Our members have not initiated contact with active-duty Marines seeking information or any kind of access. This would be entirely inappropriate. However, active-duty Marines have frequently reached out to us expressing their concerns about what they observe happening to our Corps
The only correspondence we have had with those inside the Marine Corps, other than emails and phone calls between our most senior retired generals and current Marine Corps leaders, was an email to Marine Corps University faculty informing them of Compass Points and our desire for discourse and debate. We felt this necessary when we had solid evidence that our members were in effect barred from speaking or attending seminars at MCU, a clear contradiction of its professed academic freedom.
If you would like to contact one of our members personally, we will endeavor to make the connection.
We welcome new readers and contributors who desire to support our ongoing efforts to make the Marine Corps strong today and stronger tomorrow.
It is more than a bit presumptious to take on the mantle of the Chowder Society. The original society was working in support of the Commandant. It also represented the vast majority of Marines. They were directly challenging an attempt to do away with the Corps.
Today's discussion is how the Corps can best support the nation -- a very different discussion. Ands one not necessarily widely supported. The self named Chowder II Society points to the 4000 members of this blog as evidence of support.
I am one of teh 4000 but do NOT support their positions. In fact, I think their approach will make the Corps essentially irrelevant in most future conflicts.
I read the posts because it is an essential part of being open to ideas in order to either validate or invalidate your own.

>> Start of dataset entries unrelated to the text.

-- ===== src/Finding/Tests.antt =====
-- A finding on its way, and the generation of findings from a small assessment.
use assistant_audit.Prelude.{
  ℕ, ◌+◌, ◌≡◌, refl, String, Option, none, some, [], ◌∷◌, All, select, arith, All-first, ◌==◌,
  nat_eq,
}
use assistant_audit.Errors.{ok, Returns, IfReturns}
use assistant_audit.Compliance.{critical, low, high, compliant, non_compliant, partially_compliant}
use assistant_audit.Compliance.Score.Tests.{sample_result}
use assistant_audit.Campaign.{Assessment}
use assistant_audit.Finding.{
  FindingStatus, opened, parse_status, Finding, FindingDb, is_reported, generate_from_assessment,
  update_status,
}
use assistant_audit.Finding.Lifecycle.{◌⟶◌, IsTraced, update_status-ok, update_status-IsTraced}
use assistant_audit.Finding.Generation.{findings_of, generate-idempotent}

abbrev weak_password : Finding
weak_password = record {
  id = 1;
  control_result_id = 2;
  assessment_id = 1;
  equipment_id = 3;
  title = "Weak password";
  description = none;
  severity = high;
  status = opened;
  remediation_note = none;
  assigned_to = none;
  duplicate_of_id = none;
  created_by = none;
}

abbrev assessment : Assessment
assessment = record {
  id = 1;
  campaign_id = 7;
  equipement_id = 3;
  framework_id = 5;
  assessed_by = none;
}

-- Results 2 and 3 are reported, result 2 has its finding already.
abbrev db : FindingDb
db = record {
  findings = weak_password ∷ [];
  history = [];
  results =
      sample_result 1 1 critical compliant
      ∷ sample_result 2 1 high non_compliant
      ∷ sample_result 3 1 low partially_compliant
      ∷ [];
  assessments = assessment ∷ [];
}

update_status-ok_example :
    ((t : FindingStatus)
      → parse_status "assigned" ≡ some t
      → opened ⟶ t
      → Returns
          (λ p. p.1.status ≡ t)
          (update_status db 100 weak_password "assigned" (some 10) none none))
    × IfReturns
        (λ p. (parse_status "assigned" ≡ some p.1.status) × (opened ⟶ p.1.status))
        (update_status db 100 weak_password "assigned" (some 10) none none)
update_status-ok_example = update_status-ok db 100 weak_password "assigned" (some 10) none none

-- The one stored finding is open and has no history.
db-IsTraced : IsTraced db
db-IsTraced k f h = All-first (λ x. opened ≡ x.status) (λ x. x.id == k) db.findings (refl, tt) h

update_status-IsTraced_example :
    IfReturns
      (λ p. IsTraced p.0)
      (update_status db 100 weak_password "assigned" (some 10) none none)
update_status-IsTraced_example =
    update_status-IsTraced db 100 1 "assigned" (some 10) none none db-IsTraced refl

abbrev numbered : ℕ → String
numbered n = "Control"

generate-idempotent_example :
    Returns
      (λ p.
        (p.1 + p.2 ≡ 2)
        × All (λ r. findings_of 1 r p.0.findings ≡ 1) (select (is_reported 1) db.results)
        × ((later : ℕ) (other : Option ℕ)
            → generate_from_assessment numbered p.0 later 1 other ≡ ok (p.0, 0, 2)))
      (generate_from_assessment numbered db 2 1 none)
generate-idempotent_example =
    generate-idempotent numbered db 2 1 none refl ((refl, tt), (tt, tt))
      (omega arith, (omega arith, tt))
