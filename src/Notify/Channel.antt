-- ===== src/Notify/Channel.antt =====
-- `ConnectionManager`, for one user: `user_connections.get(user_id)` and
-- `user_event_buffer.get(user_id, [])`. Each coroutine is run to its end before the next one: the
-- source awaits between the messages of a replay with the websocket already registered, so that there
-- a concurrent `send_to_user` may overtake the replay, which is not modelled. A
-- websocket is the number of messages that it still takes before `send_json` raises; the times are
-- in microseconds.
use assistant_audit.Prelude.{
  ℕ, zero, suc, ◌+◌, ◌-◌, ◌*◌, Bool, Option, none, some, List, [], ◌∷◌, ◌++◌, length, drop, select,
  ltb, leb, if◌then◌else◌,
}

-- `BUFFER_TTL_SECONDS` and `BUFFER_MAX_SIZE`
abbrev pub buffer_ttl : ℕ
buffer_ttl = 1800 * 1000000

abbrev pub buffer_max_size : ℕ
buffer_max_size = 1000

pub record Channel {ℓ} (E : Type ℓ) : Type ℓ where
  pub socket : Option ℕ
  pub buffer : List (ℕ × E)

module _ {ℓ} {E : Type ℓ} where
  -- `(now - ts).total_seconds() < BUFFER_TTL_SECONDS`
  abbrev pub is_valid : ℕ → ℕ × E → Bool
  is_valid now entry = ltb now (entry.0 + buffer_ttl)

  -- `buf[-(BUFFER_MAX_SIZE - 1):]`, where there are too many
  abbrev pub newest : List (ℕ × E) → List (ℕ × E)
  newest buf =
      if leb buffer_max_size (length buf)
      then drop (length buf - (buffer_max_size - 1)) buf
      else buf

  unfoldable pub buffer_event : ℕ → E → List (ℕ × E) → List (ℕ × E)
  buffer_event now event buf = newest (select (is_valid now) buf) ++ (now, event) ∷ []

  -- The loop of `_replay_buffered_events`: what was sent, what is buffered again, and what the
  -- websocket still takes.
  unfoldable pub replay : ℕ → List (ℕ × E) → List E × List (ℕ × E) × ℕ
  replay takes [] = ([], [], takes)
  replay zero (entry ∷ rest) = ([], entry ∷ rest, zero)
  replay (suc takes) (entry ∷ rest) =
      let (sent, left, takes') = replay takes rest in (entry.1 ∷ sent, left, takes')

  -- `connect_user` with a valid token, and `_replay_buffered_events`
  unfoldable pub connect_user : ℕ → ℕ → Channel E → Channel E × List E
  unfolding replay
  connect_user now takes c =
      let r = replay takes (select (is_valid now) c.buffer) in
      (record { socket = some r.2; buffer = r.1 }, r.0)

  unfoldable pub disconnect_user : Channel E → Channel E
  disconnect_user c = record c { socket = none }

  unfoldable pub send_to_user : ℕ → E → Channel E → Channel E × List E
  unfolding buffer_event disconnect_user
  send_to_user now event c = elim c.socket [
    | none ↦ (record c { buffer = buffer_event now event c.buffer }, [])
    | some zero ↦ (record (disconnect_user c) { buffer = buffer_event now event c.buffer }, [])
    | some (suc takes) ↦ (record c { socket = some takes }, event ∷ [])
  ]

pub data Call {ℓ} (E : Type ℓ) : Type ℓ where
  connect : ℕ → ℕ → Call E
  disconnect : Call E
  send : ℕ → E → Call E

module _ {ℓ} {E : Type ℓ} where
  unfoldable pub call : Call E → Channel E → Channel E × List E
  unfolding connect_user disconnect_user send_to_user
  call (connect now takes) c = connect_user now takes c
  call disconnect c = (disconnect_user c, [])
  call (send now event) c = send_to_user now event c

  -- The channel after the calls, and what the user got.
  unfoldable pub run : List (Call E) → Channel E → Channel E × List E
  unfolding call
  run [] c = (c, [])
  run (x ∷ calls) c =
      let step = call x c in let rest = run calls step.0 in (rest.0, step.1 ++ rest.1)
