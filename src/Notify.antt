-- ===== src/Notify.antt =====
-- backend/app/core/websocket_manager.py: the events for a user, which wait while the user's
-- websocket is away.
mod Channel
pub mod Bounded
pub mod Delivery
mod Tests
unfoldable pub use Channel.*
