-- ===== src/Notify/Bounded.antt =====
-- The size of a user's buffer.
use assistant_audit.Prelude.{
  ℕ, zero, suc, ◌+◌, ◌-◌, ◌≤◌, Option, none, some, List, [], ◌∷◌, length, length-append,
  length-select, length-drop, select, leb, leb-false, Bool-cases, inl, inr, arith,
}
use assistant_audit.Notify.Channel.{
  buffer_max_size, Channel, is_valid, newest, buffer_event, replay, connect_user, disconnect_user,
  send_to_user, Call, connect, disconnect, send, call, run,
}

module _ {ℓ} {E : Type ℓ} where
  newest-short : (buf : List (ℕ × E)) → length (newest buf) + 1 ≤ buffer_max_size
  newest-short buf = elim (Bool-cases (leb buffer_max_size (length buf))) [
    | inl full ↦ rw full (omega (arith, length-drop (length buf - 999) buf))
    | inr room ↦ rw room (omega (arith, leb-false buffer_max_size (length buf) room))
  ]

  pub buffer_event-bounded :
      (now : ℕ) (event : E) (buf : List (ℕ × E))
      → length (buffer_event now event buf) ≤ buffer_max_size
  unfolding buffer_event
  buffer_event-bounded now event buf =
      let kept = newest (select (is_valid now) buf) in
      omega
        (arith, length-append kept ((now, event) ∷ []), newest-short (select (is_valid now) buf))

  replay-shrinks : (takes : ℕ) (buf : List (ℕ × E)) → length (replay takes buf).1 ≤ length buf
  unfolding replay
  replay-shrinks takes [] = omega arith
  replay-shrinks zero (entry ∷ rest) = omega arith
  replay-shrinks (suc takes) (entry ∷ rest) = omega (arith, replay-shrinks takes rest)

  send-bounded :
      (now : ℕ) (event : E) (socket : Option ℕ) (buf : List (ℕ × E))
      → length buf ≤ buffer_max_size
      → length (send_to_user now event (record { socket = socket; buffer = buf })).0.buffer
        ≤ buffer_max_size
  unfolding send_to_user disconnect_user
  send-bounded now event none buf h = buffer_event-bounded now event buf
  send-bounded now event (some zero) buf h = buffer_event-bounded now event buf
  send-bounded now event (some (suc takes)) buf h = h

  call-bounded :
      (x : Call E) (c : Channel E)
      → length c.buffer ≤ buffer_max_size
      → length (call x c).0.buffer ≤ buffer_max_size
  unfolding call connect_user disconnect_user
  call-bounded (connect now takes) c h = omega (
    arith,
    h,
    replay-shrinks takes (select (is_valid now) c.buffer),
    length-select (is_valid now) c.buffer,
  )
  call-bounded disconnect c h = h
  call-bounded (send now event) c h = send-bounded now event c.socket c.buffer h

  -- Whatever calls are made on a channel, one after the other, its buffer never holds more than a thousand events, where
  -- it did not before.
  pub run-bounded :
      (calls : List (Call E)) (c : Channel E)
      → length c.buffer ≤ buffer_max_size
      → length (run calls c).0.buffer ≤ buffer_max_size
  unfolding run
  run-bounded [] c h = h
  run-bounded (x ∷ calls) c h = run-bounded calls (call x c).0 (call-bounded x c h)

It would also be useful if the opponents of FD2030 would provide hot links that support their arguments where statements of facts are involved. This is basic to any intellectual argument.
T. X. Hammes
As I review this thread I cannot help but notice that those critical of FD-2030 are portrayed as unidentified conspirators who have the unmitigated gall to question those currently on active duty who designed this in the dark, behind closed doors and tied to threats and insults. Over my career I cannot remember any changes that were not debated, evaluated, reviewed and expected to stand on their merits. The leader who rapidly issues orders to prevent discussion is well known to all of us over our decades of service. Most of us were trained to debate until the moment of decision after which the order is issued and you do your level best to execute. This is the exact opposite of what unfolded from day one. Reasonable and rational questions were rejected with an eye roll and the dismissive wrist flip. To insure there would be no retreat the bridges were burned. The small, elite cadré designing FD-2030 should have welcomed the input and questions to refine their efforts. They resented it, rejected it and attack the authors vice the points.